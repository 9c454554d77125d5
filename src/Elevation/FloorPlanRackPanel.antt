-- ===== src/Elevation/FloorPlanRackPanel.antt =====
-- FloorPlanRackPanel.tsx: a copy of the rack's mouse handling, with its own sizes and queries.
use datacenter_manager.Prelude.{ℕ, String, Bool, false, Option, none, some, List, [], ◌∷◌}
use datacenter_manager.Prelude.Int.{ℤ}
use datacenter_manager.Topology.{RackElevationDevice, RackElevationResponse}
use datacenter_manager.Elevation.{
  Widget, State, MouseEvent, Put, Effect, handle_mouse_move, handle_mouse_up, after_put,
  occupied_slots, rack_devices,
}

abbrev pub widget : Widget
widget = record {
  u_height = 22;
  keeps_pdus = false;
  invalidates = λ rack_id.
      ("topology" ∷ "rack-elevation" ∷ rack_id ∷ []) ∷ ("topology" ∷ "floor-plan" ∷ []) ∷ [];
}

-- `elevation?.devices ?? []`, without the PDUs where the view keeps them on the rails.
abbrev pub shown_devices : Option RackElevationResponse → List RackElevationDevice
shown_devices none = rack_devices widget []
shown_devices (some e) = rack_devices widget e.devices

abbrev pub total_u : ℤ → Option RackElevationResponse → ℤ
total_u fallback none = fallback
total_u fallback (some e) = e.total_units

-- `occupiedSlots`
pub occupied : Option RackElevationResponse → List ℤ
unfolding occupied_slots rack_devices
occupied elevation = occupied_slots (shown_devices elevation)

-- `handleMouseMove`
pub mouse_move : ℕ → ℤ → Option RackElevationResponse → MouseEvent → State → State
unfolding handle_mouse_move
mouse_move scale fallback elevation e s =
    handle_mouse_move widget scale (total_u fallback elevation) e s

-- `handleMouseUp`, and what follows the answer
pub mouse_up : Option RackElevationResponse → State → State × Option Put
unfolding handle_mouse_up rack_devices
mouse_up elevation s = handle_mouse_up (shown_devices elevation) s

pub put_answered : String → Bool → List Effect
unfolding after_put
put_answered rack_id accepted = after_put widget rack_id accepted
+===+
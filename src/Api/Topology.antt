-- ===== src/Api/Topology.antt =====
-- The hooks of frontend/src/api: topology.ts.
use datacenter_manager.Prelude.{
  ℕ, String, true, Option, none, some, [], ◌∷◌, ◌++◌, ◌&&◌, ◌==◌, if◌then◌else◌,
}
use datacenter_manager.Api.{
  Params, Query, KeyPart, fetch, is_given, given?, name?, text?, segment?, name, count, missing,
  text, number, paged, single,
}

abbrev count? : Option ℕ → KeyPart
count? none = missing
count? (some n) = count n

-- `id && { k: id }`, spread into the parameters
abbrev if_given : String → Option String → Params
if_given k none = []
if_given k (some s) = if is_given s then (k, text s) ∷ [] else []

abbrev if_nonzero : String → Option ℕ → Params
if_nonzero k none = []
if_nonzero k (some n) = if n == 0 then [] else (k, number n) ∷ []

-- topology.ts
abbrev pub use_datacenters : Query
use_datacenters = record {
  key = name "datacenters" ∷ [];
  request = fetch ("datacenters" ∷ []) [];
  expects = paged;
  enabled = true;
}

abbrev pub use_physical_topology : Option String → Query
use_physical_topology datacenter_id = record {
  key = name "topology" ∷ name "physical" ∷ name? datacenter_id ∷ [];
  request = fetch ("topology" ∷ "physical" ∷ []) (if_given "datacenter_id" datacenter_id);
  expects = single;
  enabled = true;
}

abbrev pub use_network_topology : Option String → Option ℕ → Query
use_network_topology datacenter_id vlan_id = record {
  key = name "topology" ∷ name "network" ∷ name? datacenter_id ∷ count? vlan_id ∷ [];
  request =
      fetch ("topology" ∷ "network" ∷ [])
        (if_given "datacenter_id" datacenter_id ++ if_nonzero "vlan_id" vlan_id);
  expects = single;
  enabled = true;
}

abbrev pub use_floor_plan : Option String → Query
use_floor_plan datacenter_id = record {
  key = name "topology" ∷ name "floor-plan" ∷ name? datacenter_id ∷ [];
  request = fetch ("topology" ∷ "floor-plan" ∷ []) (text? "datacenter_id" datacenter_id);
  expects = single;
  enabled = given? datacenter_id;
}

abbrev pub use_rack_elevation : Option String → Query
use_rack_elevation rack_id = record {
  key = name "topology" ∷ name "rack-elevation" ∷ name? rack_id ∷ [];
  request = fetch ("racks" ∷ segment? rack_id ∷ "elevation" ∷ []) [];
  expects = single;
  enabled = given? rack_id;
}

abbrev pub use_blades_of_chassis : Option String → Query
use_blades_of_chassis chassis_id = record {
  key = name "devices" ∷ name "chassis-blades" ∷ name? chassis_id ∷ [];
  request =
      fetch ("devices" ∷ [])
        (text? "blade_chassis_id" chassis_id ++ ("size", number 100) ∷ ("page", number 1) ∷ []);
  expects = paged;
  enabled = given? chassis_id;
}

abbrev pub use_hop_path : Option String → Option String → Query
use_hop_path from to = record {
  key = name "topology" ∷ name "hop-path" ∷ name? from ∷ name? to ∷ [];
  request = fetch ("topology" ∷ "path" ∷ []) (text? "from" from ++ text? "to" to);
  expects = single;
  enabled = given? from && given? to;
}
+===+
#### [What to work on]
Could you return exactly the stretch of the data above that starts at the line with "mouse_move scale fallback" and ends at the line with "unfolding after_put", both lines included?

#### [Solution for this problem]
mouse_move scale fallback elevation e s =
    handle_mouse_move widget scale (total_u fallback elevation) e s

-- `handleMouseUp`, and what follows the answer
pub mouse_up : Option RackElevationResponse → State → State × Option Put
unfolding handle_mouse_up rack_devices
mouse_up elevation s = handle_mouse_up (shown_devices elevation) s

pub put_answered : String → Bool → List Effect
unfolding after_put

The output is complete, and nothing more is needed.